Bulbasaur is supposed to find an association relationship, such that the sum of weights of the association edges is maximum.
输入描述:
The input starts with one line containing exactly one integer T, which is the number of test cases. For each test case, the first line contains three integers n, m and k, indicating the number of face photos, the number of body photos, and the number of existing association edges, respectively. Then followed by k lines, each consists of three integers ai, bi and ci, representing an edge weighted ci connecting the ai-th face photo with the bi-th body photo.
输出描述:
For each test case, output one line containing "Case #x: y", where x is the test case number (starting from 1) and y is the maximum sum of weights of the association edges.
示例1
输入
1
2 3 3
1 2 1919
1 3 810
2 2 450
输出
Case #1: 2729
题目分析:
- 设a={a_1...a_m}为脸集合, b={b_1...b_n}为身体集合。
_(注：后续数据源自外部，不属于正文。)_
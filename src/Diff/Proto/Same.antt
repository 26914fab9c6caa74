-- ===== src/Diff/Proto/Same.antt =====
-- `diff_proto` of proto.py on a descriptor set and itself.
use living_api_contract_guar.Common.{
  ◌++◌, ◌≡◌, Option, some, ℕ, String, Option, none, some, List, [], ◌≡◌, refl, string_key, beq_refl,
}
use living_api_contract_guar.Common.Int.{int_key}
use living_api_contract_guar.Common.Sets.{collect-nil}
use living_api_contract_guar.Common.Dict.{get, in_both}
use living_api_contract_guar.Diff.Models.Limits.{validated-some}
use living_api_contract_guar.Diff.Models.{RawChange}
use living_api_contract_guar.Diff.OpenApi.Quiet.{only_in_self}
use living_api_contract_guar.Diff.Proto.Descriptors.{
  FieldDescriptor, Descriptor, MethodDescriptor, ServiceDescriptor, FileDescriptorSet,
  fields_by_number, methods_by_name, all_messages, all_services,
}
use living_api_contract_guar.Diff.Proto.Message.{at_key, diff_message}
use living_api_contract_guar.Diff.Proto.Service.{
  rpc_type_change, rpc_kept_at, rpc_kept, diff_service,
}
use living_api_contract_guar.Diff.Proto.Walk.{
  message_kept, service_kept, diff_messages, diff_services, diff_proto,
}
use living_api_contract_guar.Diff.Proto.Silent.{SameField, same_silent}

-- The loop body of a kept key, when each item of the dict is silent against itself.
at_key_both :
    {A : Type 0} (o : Option A) (f : A → A → List RawChange)
    → ((a : A) → f a a ≡ [])
    → at_key o (λ b. at_key o (λ a. f b a)) ≡ []
at_key_both none f h = refl
at_key_both (some a) f h = h a

rpc_kept_at_self :
    (name method_name : String) (m : MethodDescriptor) → rpc_kept_at name method_name m m ≡ []
unfolding rpc_kept_at rpc_type_change
rpc_kept_at_self name method_name m = rw (beq_refl m.input_type, beq_refl m.output_type) refl

diff_service_self : (name : String) (s : ServiceDescriptor) → diff_service name s s ≡ []
unfolding diff_service rpc_kept
diff_service_self name s = rw (only_in_self (methods_by_name s)) (
    collect-nil (rpc_kept name s s) (in_both (methods_by_name s) (methods_by_name s)) (λ m q.
      at_key_both (get m (methods_by_name s)) (rpc_kept_at name m) (rpc_kept_at_self name m)))

module _ (enum_name label_name : ℕ → String) where
  SameField-self : (o : Option FieldDescriptor) → SameField enum_name label_name o o
  SameField-self none = tt
  SameField-self (some f) = (refl, refl, refl)

  diff_message_self :
      (name : String) (m : Descriptor) → diff_message enum_name label_name name m m ≡ []
  diff_message_self name m =
      same_silent enum_name label_name name m m
        (λ num. SameField-self (get num (fields_by_number m)))

  diff_messages_self : (fds : FileDescriptorSet) → diff_messages enum_name label_name fds fds ≡ []
  unfolding diff_messages message_kept
  diff_messages_self fds = rw (only_in_self (all_messages fds)) (
      collect-nil (message_kept enum_name label_name fds fds)
        (in_both (all_messages fds) (all_messages fds))
        (λ n q.
          at_key_both (get n (all_messages fds)) (diff_message enum_name label_name n)
            (diff_message_self n)))

  diff_services_self : (fds : FileDescriptorSet) → diff_services enum_name label_name fds fds ≡ []
  unfolding diff_services service_kept
  diff_services_self fds = rw (only_in_self (all_services fds)) (
      collect-nil (service_kept enum_name label_name fds fds)
        (in_both (all_services fds) (all_services fds))
        (λ n q. at_key_both (get n (all_services fds)) (diff_service n) (diff_service_self n)))

  -- Of a descriptor set compared with itself `diff_proto` returns no change.
  pub diff_proto_self :
      (fds : FileDescriptorSet) (cs : List RawChange)
      → diff_proto enum_name label_name fds fds ≡ some cs
      → cs ≡ []
  unfolding diff_proto
  diff_proto_self fds cs h =
      let kept =
        validated-some
          (some (
            diff_messages enum_name label_name fds fds
            ++ diff_services enum_name label_name fds fds))
          cs h in
      let same : diff_messages enum_name label_name fds fds
            ++ diff_services enum_name label_name fds fds
          ≡ cs =
        cc in
      rw (← same, diff_messages_self fds, diff_services_self fds) refl
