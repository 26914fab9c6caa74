-- ===== src/Diff/Engine/Report.antt =====
-- The report of `diff_contracts`: its counters, and its records in the order of the raw changes.
use living_api_contract_guar.Common.{
  ℕ, suc, ◌+◌, ◌<◌, String, Bool, List, [], ◌∷◌, ◌≡◌, refl, arith, length, Some, ◌↔◌, inl, inr,
  if◌then◌else◌,
}
use living_api_contract_guar.Common.Dict.{Dict}
use living_api_contract_guar.Diff.Models.{
  Verdict, additive, behavioral, breaking, verdict_beq, RawChange, ChangeRecord,
  ChangeReportSummary, ContractKind, SpectralFinding,
}
use living_api_contract_guar.Diff.Ruleset.{RuleSet, classify}
use living_api_contract_guar.Diff.Engine.{
  count_verdict, summarize_from, summarize, classify_from, report_of,
}

-- How many records have a verdict.
abbrev pub tally : Verdict → List ChangeRecord → ℕ
tally v [] = 0
tally v (r ∷ rs) = (if verdict_beq r.verdict v then 1 else 0) + tally v rs

summarize_from_counts :
    (s : ChangeReportSummary) (rs : List ChangeRecord)
    → ((summarize_from s rs).additive ≡ s.additive + tally additive rs)
      × ((summarize_from s rs).behavioral ≡ s.behavioral + tally behavioral rs)
      × ((summarize_from s rs).breaking ≡ s.breaking + tally breaking rs)
      × ((summarize_from s rs).total ≡ s.total)
unfolding summarize_from
summarize_from_counts s [] = (omega arith, omega arith, omega arith, refl)
summarize_from_counts s (r ∷ rs) =
    ground (arith, summarize_from_counts (count_verdict r.verdict s) rs)

tally_total :
    (rs : List ChangeRecord)
    → tally additive rs + tally behavioral rs + tally breaking rs ≡ length rs
tally_total [] = refl
tally_total (r ∷ rs) = ground (arith, tally_total rs)

-- The counters of a summary are the numbers of records with each verdict, and they add up to
-- the total, which is the number of records.
pub summarize_counts :
    (rs : List ChangeRecord)
    → ((summarize rs).additive ≡ tally additive rs)
      × ((summarize rs).behavioral ≡ tally behavioral rs)
      × ((summarize rs).breaking ≡ tally breaking rs)
      × ((summarize rs).total ≡ length rs)
      × ((summarize rs).additive + (summarize rs).behavioral + (summarize rs).breaking
          ≡ (summarize rs).total)
unfolding summarize
summarize_counts rs =
    let start : ChangeReportSummary = record {
      total = length rs;
      additive = 0;
      behavioral = 0;
      breaking = 0;
    } in
    ground (arith, summarize_from_counts start rs, tally_total rs)

abbrev pub IsBreaking : ChangeRecord → Type 0
IsBreaking r = r.verdict ≡ breaking

tally-Some : (rs : List ChangeRecord) → (0 < tally breaking rs) ↔ Some IsBreaking rs
tally-Some [] = (λ h. absurd (omega arith), λ h. absurd h)
tally-Some (r ∷ rs) =
    let ih = tally-Some rs in (λ h. ground (arith, ih.0), λ h. ground (arith, ih.1))

-- What a record takes over from its raw change, and what the rule set says of that change.
module _ (fnmatchcase : String → String → Bool) (repr : String → String)
    (sha1 : String → String) where
  abbrev Describes : RuleSet → RawChange → ChangeRecord → Type 0
  Describes rules change r =
      (r.kind ≡ change.kind)
      × (r.location ≡ change.location)
      × (r.before ≡ change.before)
      × (r.after ≡ change.after)
      × (r.detail ≡ change.detail)
      × ((r.verdict, r.rule_id, r.rationale) ≡ classify fnmatchcase repr rules change)

  -- The two lists have one length, and each record describes the change at its place.
  abbrev pub AllDescribe : RuleSet → List RawChange → List ChangeRecord → Type 0
  AllDescribe rules [] [] = Unit
  AllDescribe rules [] (r ∷ rs) = ⊥
  AllDescribe rules (c ∷ cs) [] = ⊥
  AllDescribe rules (c ∷ cs) (r ∷ rs) = Describes rules c r × AllDescribe rules cs rs

  classify_from-AllDescribe :
      (rules : RuleSet) (affected : Dict ℕ (List String)) (i : ℕ) (changes : List RawChange)
      → AllDescribe rules changes (classify_from fnmatchcase repr sha1 rules affected i changes)
  unfolding classify_from
  classify_from-AllDescribe rules affected i [] = tt
  classify_from-AllDescribe rules affected i (c ∷ cs) =
      ((refl, refl, refl, refl, refl, refl), classify_from-AllDescribe rules affected (suc i) cs)

  -- `report_of` makes one record for each raw change, in the order of the changes, with the
  -- change's kind, location, values and detail, and with the verdict, rule id and rationale
  -- that the rule set gives it.
  pub report_of-AllDescribe :
      (kind : ContractKind) (rules : RuleSet) (changes : List RawChange)
      (affected : Dict ℕ (List String)) (findings : List SpectralFinding)
      → AllDescribe rules changes
          (report_of fnmatchcase repr sha1 kind rules changes affected findings).changes
  unfolding report_of
  report_of-AllDescribe kind rules changes affected findings =
      classify_from-AllDescribe rules affected 0 changes

  abbrev pub MakesBreaking : RuleSet → RawChange → Type 0
  MakesBreaking rules change = (classify fnmatchcase repr rules change).0 ≡ breaking

  classify_from-IsBreaking :
      (rules : RuleSet) (affected : Dict ℕ (List String)) (i : ℕ) (changes : List RawChange)
      → Some IsBreaking (classify_from fnmatchcase repr sha1 rules affected i changes)
        ↔ Some (MakesBreaking rules) changes
  unfolding classify_from
  classify_from-IsBreaking rules affected i [] = (λ h. h, λ h. h)
  classify_from-IsBreaking rules affected i (c ∷ cs) =
      let ih = classify_from-IsBreaking rules affected (suc i) cs in
      (
        λ h. elim h [ inl p ↦ inl p | inr q ↦ inr (ih.0 q) ],
        λ h. elim h [ inl p ↦ inl p | inr q ↦ inr (ih.1 q) ],
      )

  -- The gate: the summary counts a breaking change exactly when the rule set calls one of the
  -- raw changes breaking.
  pub breaking_gate :
      (kind : ContractKind) (rules : RuleSet) (changes : List RawChange)
      (affected : Dict ℕ (List String)) (findings : List SpectralFinding)
      → (0
          < (report_of fnmatchcase repr sha1 kind rules changes affected findings).summary.breaking)
        ↔ Some (MakesBreaking rules) changes
  unfolding report_of
  breaking_gate kind rules changes affected findings =
      let records = classify_from fnmatchcase repr sha1 rules affected 0 changes in
      let counted = (summarize_counts records).2 in
      let some_record = tally-Some records in
      let some_change = classify_from-IsBreaking rules affected 0 changes in
      (
        λ h. some_change.0 (some_record.0 (rw counted at h)),
        λ h. rw counted (some_record.1 (some_change.1 h)),
      )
- 1张脸可以对应多个身体 => a中可以有重复的元素
- 1个身体只能对应1张脸 => b中不可以有重复的元素
- 最后输出最大权重之和 => 如果输入的b中有重复的,取最大的权重
因此,为了检索更快,可以建立一个以b值为索引的数组res,res最多有max(b)个。
通过代码:
#include <stdio.h>
#include <stdlib.h>
int main(){
int t;
scanf("%d", &t);
for(int t1 = 0; t1<t; t1++){
int n, m, k;
// 注意!
// 最后的sum最大可能是: 10^9 * 10^5 = 10^14
// int和long的范围为: -2147483647~2147483647( 10位数,约等于 10^10)
// long long(与 __int64相同)为真正的长整型,范围为:9223372036854775808~+9223372036854775807(九百亿亿,约10^19)
// 因此,sum 需要定义为long long
long long sum = 0;
scanf("%d %d %d", &n, &m, &k);
// 以b为键,b最大为m。
int res[m+1];
for(int i=0; i<m+1; i++){
res[i] = 0;
}
int count;
for(int i=0; i<k; i++){
int a1, b1, c1;
scanf("%d %d %d", &a1, &b1, &c1);
// 将b1对应的权重更新为最大的
if(res[b1]<c1){
res[b1] = c1;
}
}
for(int i=0; i<m+1; i++){
sum = sum +res[i];
}
// int 在标准化输入输出中的占位符是 %d
// long 在标准化输入输出中的占位符是 %ld
// long long 在标准化输入输出中的占位符是 %lld
printf("Case #%d: %lld\n", t1+1, sum);
}
}
需要注意的:
C语言中整型(int)与长整型(long long)的范围
最后的sum最大可能是: 10^9 * 10^5 = 10^14
而,
- int和long的范围为: -2147483647~2147483647( 10位数,约等于 10^10)
- long long(与 __int64相同)为真正的长整型,范围为:-9223372036854775808~9223372036854775807(九百亿亿,约10^19)
因此,sum 需要定义为long long
long long sum = 0;C语言中整型(int)与长整型(long long)在标准化输入输出中的占位符
- int 在标准化输入输出中的占位符是 %d
- long 在标准化输入输出中的占位符是 %ld
- long long 在标准化输入输出中的占位符是 %lld
因此,输出时,需要用
printf("Case #%d: %lld\n", t1+1, sum);数组的初始化
在定义完数组res后,对数组部分元素进行了赋值,当后面需要对其全部元素遍历加和时,不能默认其他元素就是0了,需要在定义后将所有元素初始化为0。